The major change in 4.5 is the ability to select an existing preset folder when saving, which makes things a little easier.

By far the biggest time saver for me was using Keyboard Maestro (Mac) to set up a Macro which would run through large Kontakt libraries, saving and naming presets as it went.

It took a bit to set up, but saved huge amounts of time in the long run.

I’ve recently been moving my presets over to ‘track templates’. Using the import features. This could be a better option as it also saves all plugins, colour settings etc, along with the presets.


----------



## DS_Joost (Jun 5, 2019)

Thank you for your response Jonathan! Ah yes, saving them in track templates could prove really useful. That would make it a lot easier indeed. I've worked with that approach in the past, but I never quite moved away from Cubase so I never really completed those projects. But it did work pretty well when I tried it!

It proves to be quite a complex task to move my Cubase template to Studio One's preset or track template system, but I am sure it will work out in the end, and almost as good. It just takes some thinking about organisation is all...


----------



## Dewdman42 (Jun 5, 2019)

jonathanwright said:


> The major change in 4.5 is the ability to select an existing preset folder when saving, which makes things a little easier.
> 
> By far the biggest time saver for me was using Keyboard Maestro (Mac) to set up a Macro which would run through large Kontakt libraries, saving and naming presets as it went.
> 
> ...



I am just getting into S1 and would love to hear more details about how you use Keyboard Maestro together with S1`s macros.


----------



## 5Lives (Jun 5, 2019)

S1 is great for many things, but orchestral work is not one of them IMO. Why try to hack around stuff when Cubase and Logic have it and much more implemented quite nicely.


----------



## Dewdman42 (Jun 5, 2019)

why not orchestral? I recently setup a 90 track orch score with VSl stuff...worked perfectly fine. Doesn't have articulation management features, but nor does DP, which many consider perfectly fine for orch use. Both of them could benefit from better articulation management, but side from that..what do you feel is difficult in S1 for orch work?

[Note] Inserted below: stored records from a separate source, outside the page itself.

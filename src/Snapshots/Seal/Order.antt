-- ===== src/Snapshots/Seal/Order.antt =====
-- A day is marked as sealed only when its manifest stands.
use browser_visit_logger.Base.{
  List, text_eq, false, none, some, Option, Text, ◌∙◌, inl, ◌≡◌, ℕ, inr, ◌⊎◌, refl, arith,
}
use browser_visit_logger.Snapshots.Effects.{
  Env, World, ◌>>◌, Exn, sql_write, sql_read, commit, os_write, os_read, Result, ok, err, os_error,
  sql_error, value_error, handle, continue,
}
use browser_visit_logger.Snapshots.Effects.Rules.{
  Stable, Stable-fs, fs-sql_write, fs-sql_read, fs-os_read, fs-commit, Stable-os_write, Returned,
}
use browser_visit_logger.Snapshots.Seal.{
  mark_if_dated, move_log_if_dated, seal_directory, seal_steps,
}
use browser_visit_logger.Snapshots.Errors.{try_record_error, try_clear_error}
use browser_visit_logger.Database.{Snapshot}
use browser_visit_logger.Files.{Files}
use browser_visit_logger.Snapshots.Manifest.Content.{
  IsManifest, Stands, cleared, write_manifest_file-Stands,
}
use browser_visit_logger.Snapshots.Manifest.Listing.{Lists}
use browser_visit_logger.Paths.{path_join}
use browser_visit_logger.Base.Strings.{codes}
use browser_visit_logger.Snapshots.Manifest.{manifest_filename, write_manifest_file}
use browser_visit_logger.Snapshots.Seal.Apart.{log_ne_manifest}
use browser_visit_logger.Snapshots.Seal.Closed.{
  Closed-write_manifest_file, Closed-try_record_error, Closed-rest, unseen, Unseen-unseen,
}
use browser_visit_logger.Snapshots.Seal.Quiet.{Quiet, quiet-Closed}

-- A read-only manifest stands in the directory, with the rows of the directory's snapshots in the
-- world `start`.
abbrev pub HasManifest : Env → Text → World → World → Type 0
HasManifest env date_subdir start w =
    (rows : List (List Text)) × Lists env.match_by_filename_only date_subdir
      (cleared env date_subdir start.fs) start.db rows
    × IsManifest date_subdir rows w.fs

module _ (env : Env) (date_subdir : Text) where
  -- Whatever is done to the database, the manifest stands.
  pub quiet-IsManifest :
      (rows : List (List Text))
      → Quiet env unseen
          (some (path_join date_subdir manifest_filename))
          (λ w. IsManifest date_subdir rows w.fs)
  quiet-IsManifest rows = record {
    reads = λ g. Stable-fs Q _ (fs-os_read env g);
    writes = λ g spares. Stable-os_write env Q g (λ fs h. spares fs ∙ h);
    queries = λ g. Stable-fs Q _ (fs-sql_read env g);
    statements = λ g same. Stable-fs Q _ (fs-sql_write env g);
    commits = Stable-fs Q _ (fs-commit env);
  }
    where
      Q : Files → Type 0
      Q = IsManifest date_subdir rows

  -- The rule is `P` until the manifest stands.
  module _ {B : Type 0} (view : List Snapshot → B) (P : World → Type 0) (q : Quiet env view none P)
      (date : Option Text) where
    abbrev pub Safe : World → World → Type 0
    Safe start w = P w ⊎ HasManifest env date_subdir start w

    Safe-rest :
        (start : World) (rows : List (List Text)) (v : World)
        → Lists env.match_by_filename_only date_subdir
            (cleared env date_subdir start.fs)
            start.db
            rows
        → IsManifest date_subdir rows v.fs
        → Safe start
            ((do
              move_log_if_dated env date_subdir date
              mark_if_dated env date
              try_clear_error env (codes "seal") date_subdir)
              v).1
    Safe-rest start rows v lists h = inr (
      rows,
      lists,
      (Closed-rest env unseen _ _ (quiet-Closed env unseen _ _ (quiet-IsManifest rows))
            (λ a d. log_ne_manifest a date_subdir d) date_subdir date (Unseen-unseen date)).at
          v h,
    )

    Safe-seal_steps : (w : World) → P w → Safe w (seal_steps env date_subdir date w).1
    unfolding seal_steps
    Safe-seal_steps w p =
        one (write_manifest_file env date_subdir w) (write_manifest_file-Stands env date_subdir w) (
          (Closed-write_manifest_file env view none _ (quiet-Closed env view none P q) date_subdir
              tt).at
            w p)
      where
        one :
            (r : Result ℕ × World)
            → Returned (Stands env date_subdir w) r
            → P r.1
            → Safe w
                (continue
                  (λ _. do
                    move_log_if_dated env date_subdir date
                    mark_if_dated env date
                    try_clear_error env (codes "seal") date_subdir)
                  r).1
        one (ok n, v) (rows, k, lists, h) p = Safe-rest w rows v lists h
        one (err x, v) h p = inl p

    Safe-try_record_error :
        (start : World) (e : Exn)
        → Stable (Safe start) (try_record_error env (codes "seal") date_subdir e)
    Safe-try_record_error start e = record {
      at = λ w. elim [
        | inl p ↦ inl (
            (Closed-try_record_error env view none _ (quiet-Closed env view none P q) _ _ e).at w p)
        | inr (rows, lists, h) ↦ inr (
          rows,
          lists,
          (Closed-try_record_error env unseen _ _
                (quiet-Closed env unseen _ _ (quiet-IsManifest rows)) _ _ e).at
              w h,
        )
      ];
    }

    pub Safe-seal_directory :
        (w : World) → P w → Safe w (seal_directory env date_subdir false date w).1
    unfolding seal_directory
    Safe-seal_directory w p = one (seal_steps env date_subdir date w) (Safe-seal_steps w p)
      where
        one :
            (r : Result (Unit {0}) × World)
            → Safe w r.1
            → Safe w (handle (λ e. try_record_error env (codes "seal") date_subdir e) r).1
        one (ok a, v) h = h
        one (err (os_error errno text), v) h = (Safe-try_record_error w _).at v h
        one (err (sql_error e), v) h = (Safe-try_record_error w _).at v h
        one (err (value_error text), v) h = h

-- The rows of `snapshots` are those of the world `start`, or a manifest stands in the directory.
abbrev pub IsSafe : Env → Text → World → World → Type 0
IsSafe env date_subdir start w =
    (w.db.snapshots ≡ start.db.snapshots) ⊎ HasManifest env date_subdir start w

module _ (env : Env) (before : List Snapshot) where
  quiet_rows : Quiet env (λ rows. rows) none (λ w. w.db.snapshots ≡ before)
  unfolding os_read os_write sql_read sql_write commit
  quiet_rows = record {
    reads = λ g. record { at = λ w h. ground arith };
    writes = λ g s. record { at = λ w h. ground arith };
    queries = λ g. record { at = λ w h. ground arith };
    statements = λ g same. record { at = λ w h. ground (arith, same w.db) };
    commits = record { at = λ w h. ground arith };
  }

-- Whichever calls and statements fail while a directory is sealed, the rows of `snapshots` stay as
-- they were, or the directory holds a read-only manifest: the header and then, by the files and the
-- tables before the sealing, a row for each file of the directory that has a snapshot's name and an
-- event, no row for anything else, and each row on one line of its own.
pub seal_directory_manifest_first :
    (env : Env) (date_subdir : Text) (date : Option Text) (w : World)
    → IsSafe env date_subdir w (seal_directory env date_subdir false date w).1
seal_directory_manifest_first env date_subdir date w =
    Safe-seal_directory env date_subdir (λ rows. rows) _ (quiet_rows env w.db.snapshots) date w refl
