-- ===== src/Sealer/Days/Manifests.antt =====
-- After a run over the completed days, a day that the database marks holds its manifest.
use browser_visit_logger.Base.{
  List, [], ◌∷◌, text_eq, false, none, some, Option, Text, arith, inl, inr, ◌⊎◌, ◌≡◌, contains,
  ◌==◌, All, sym, refl,
}
use browser_visit_logger.Base.{◌++◌, ap}
use browser_visit_logger.Snapshots.Effects.{Result, ok, err, continue}
use browser_visit_logger.Base.Distinct.{Distinct}
use browser_visit_logger.Base.Table.Upserts.{first-upsert_other}
use browser_visit_logger.Database.{Snapshot}
use browser_visit_logger.Paths.{path_join, is_abs}
use browser_visit_logger.Paths.Subdirs.{IsEntryName, path_join-apart}
use browser_visit_logger.Sealer.Days.{seal_each}
use browser_visit_logger.Snapshots.Effects.{
  Env, World, sql_read, sql_write, commit, os_read, os_write,
}
use browser_visit_logger.Snapshots.Effects.Rules.{Stable, Stable-pure, Stable-bind}
use browser_visit_logger.Snapshots.Manifest.{manifest_filename}
use browser_visit_logger.Snapshots.Seal.{seal_directory, mark_sealed}
use browser_visit_logger.Snapshots.Seal.Apart.{log_ne_manifest}
use browser_visit_logger.Snapshots.Seal.Order.{HasManifest, quiet-IsManifest, Safe-seal_directory}
use browser_visit_logger.Base.Table.{first}
use mathlib.Core.Path.{subst}
use browser_visit_logger.Snapshots.Seal.Closed.{unseen, Unseen, Closed-seal_directory}
use browser_visit_logger.Snapshots.Seal.Quiet.{Quiet, quiet-Closed}

-- The row of a day in `snapshots`.
abbrev pub row : Text → List Snapshot → Option Snapshot
row day rows = first (λ r. r.date == day) rows

-- The day's row is the one of before, also in what was committed.
abbrev pub Untouched : Text → Option Snapshot → World → Type 0
Untouched day before w = (row day w.db.snapshots ≡ before) × (row day w.saved.snapshots ≡ before)

-- Marking another day leaves the row alone.
Unseen-other : (day name : Text) → (name == day) ≡ false → Unseen (row day) (some name)
unfolding mark_sealed
Unseen-other day name other rows =
    first-upsert_other _ _ _ _ rows (λ r h. ground arith) (λ r h. ground arith) other

module _ (env : Env) (day : Text) where
  abbrev dir_of : Text → Text
  dir_of name = path_join env.icloud_snapshots_dir name

  -- The day is one of the days `names` that are sealed from the world `start` on, and a read-only
  -- manifest stands in its directory, with the rows of the directory's snapshots in the world that the
  -- days before it in the list leave.
  abbrev pub SealedIn : List Text → World → World → Type 0
  SealedIn names start w =
      (pre : List Text) × (post : List Text) × (names ≡ pre ++ day ∷ post)
      × HasManifest env (dir_of day) (seal_each env pre start).1 w

  -- The day's row is the one of before, or its manifest stands.
  abbrev pub Accounted : Option Snapshot → List Text → World → World → Type 0
  Accounted before names start w = Untouched day before w ⊎ SealedIn names start w

  module _ (before : Option Snapshot) where
    pub quiet-Untouched : Quiet env (row day) none (Untouched day before)
    unfolding os_read os_write sql_read sql_write commit
    quiet-Untouched = record {
      reads = λ g. record { at = λ w h. ground arith };
      writes = λ g s. record { at = λ w h. ground arith };
      queries = λ g. record { at = λ w h. ground arith };
      statements = λ g same. record { at = λ w h. ground (arith, same w.db) };
      commits = record { at = λ w h. ground arith };
    }

    -- Sealing another day keeps what holds of this one.
    Untouched-other :
        (name : Text)
        → (name == day) ≡ false
        → Stable (Untouched day before) (seal_directory env (dir_of name) false (some name))
    Untouched-other name other =
        Closed-seal_directory env (row day) none _
          (quiet-Closed env (row day) none _ quiet-Untouched) (λ a date. tt) (dir_of name)
          (some name) tt (Unseen-other day name other)

    HasManifest-other :
        (start : World) (name : Text)
        → IsEntryName day
        → IsEntryName name
        → (name == day) ≡ false
        → Stable
            (HasManifest env (dir_of day) start)
            (seal_directory env (dir_of name) false (some name))
    unfolding is_abs
    HasManifest-other start name hd hn other = record {
      at = λ w (rows, lists, h). (
        rows,
        lists,
        (Closed-seal_directory env unseen _ _
              (quiet-Closed env unseen _ _ (quiet-IsManifest env (dir_of day) rows))
              (λ a date. log_ne_manifest a (dir_of day) date) (dir_of name) (some name)
              (path_join-apart env.icloud_snapshots_dir name day manifest_filename hn hd refl other)
              (λ r. refl)).at
            w h,
      );
    }

    module _ (all : List Text) (start : World) where
      Accounted-other :
          (name : Text)
          → IsEntryName day
          → IsEntryName name
          → (name == day) ≡ false
          → Stable (Accounted before all start) (seal_directory env (dir_of name) false (some name))
      Accounted-other name hd hn other = record {
        at = λ w. elim [
          | inl same ↦ inl ((Untouched-other name other).at w same)
          | inr (pre, post, split, stands) ↦ inr (
            pre,
            post,
            split,
            (HasManifest-other (seal_each env pre start).1 name hd hn other).at w stands,
          )
        ];
      }

      -- Days after this one in the loop.
      Accounted-seal_others :
          (names : List Text)
          → IsEntryName day
          → All IsEntryName names
          → contains names day ≡ false
          → Stable (Accounted before all start) (seal_each env names)
      unfolding seal_each
      Accounted-seal_others [] hd hs fresh = Stable-pure _ tt
      Accounted-seal_others (name ∷ names) hd (h, hs) fresh =
          Stable-bind _ _ _ (Accounted-other name hd h (ground arith))
            (λ _. Accounted-seal_others names hd hs (ground arith))

    -- The day itself, and the days after it.
    Accounted-this :
        (names : List Text) (start : World)
        → IsEntryName day
        → All IsEntryName names
        → contains names day ≡ false
        → Untouched day before start
        → Accounted before (day ∷ names) start (seal_each env (day ∷ names) start).1
    unfolding seal_each
    Accounted-this names start hd hs fresh p =
        step (seal_directory env (dir_of day) false (some day) start) (
          found (seal_directory env (dir_of day) false (some day) start).1
            (Safe-seal_directory env (dir_of day) (row day) _ quiet-Untouched (some day) start p))
      where
        found :
            (w : World)
            → Untouched day before w ⊎ HasManifest env (dir_of day) start w
            → Accounted before (day ∷ names) start w
        found w (inl same) = inl same
        found w (inr stands) = inr ([], names, refl, stands)

        step :
            (r : Result (Unit {0}) × World)
            → Accounted before (day ∷ names) start r.1
            → Accounted before (day ∷ names) start (continue (λ _. seal_each env names) r).1
        step (ok a, v) h = (Accounted-seal_others (day ∷ names) start names hd hs fresh).at v h
        step (err x, v) h = h

    pub Accounted-seal_each :
        (names : List Text)
        → All IsEntryName names
        → Distinct names
        → (start : World) → Untouched day before start
        → Accounted before names start (seal_each env names start).1
    unfolding seal_each
    Accounted-seal_each [] hs d start p = inl p
    Accounted-seal_each (name ∷ names) (h, hs) (fresh, d) start p = elim (text_eq.dec name day) [
      | yes same ↦
          subst
            (λ n.
              IsEntryName n
              → contains names n ≡ false
              → Accounted before (n ∷ names) start (seal_each env (n ∷ names) start).1)
            (sym same) (λ k absent. Accounted-this names start k hs absent p) h fresh
      | no other ↦
          step (λ v q. Accounted-seal_each names hs d v q)
            (seal_directory env (dir_of name) false (some name) start)
            ((Untouched-other name (ground arith)).at start p) refl
    ]
      where
        step :
            ((v : World)
              → Untouched day before v
              → Accounted before names v (seal_each env names v).1)
            → (r : Result (Unit {0}) × World) → Untouched day before r.1
            → seal_directory env (dir_of name) false (some name) start ≡ r
            → Accounted before (name ∷ names) start (continue (λ _. seal_each env names) r).1
        step later (err x, v) q e = inl q
        step later (ok a, v) q e = elim (later v q) [
          | inl same ↦ inl same
          | inr (pre, post, split, stands) ↦ inr (
            name ∷ pre,
            post,
            ap (λ l. name ∷ l) split,
            subst (λ u. HasManifest env (dir_of day) u (seal_each env names v).1)
                (ap (λ (x : Result (Unit {0}) × World). (continue (λ _. seal_each env pre) x).1)
                  (sym e))
                stands,
          )
        ]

One thing I liked was that S1 supports VST3, so I could use the VST3 version of the VEP plugin for easy multiport use and it outperformed LogicPro by a little, and Cubase by a lot.


----------



## jonathanwright (Jun 6, 2019)

DS_Joost said:


> Thank you for your response Jonathan! Ah yes, saving them in track templates could prove really useful. That would make it a lot easier indeed. I've worked with that approach in the past, but I never quite moved away from Cubase so I never really completed those projects. But it did work pretty well when I tried it!
> 
> It proves to be quite a complex task to move my Cubase template to Studio One's preset or track template system, but I am sure it will work out in the end, and almost as good. It just takes some thinking about organisation is all...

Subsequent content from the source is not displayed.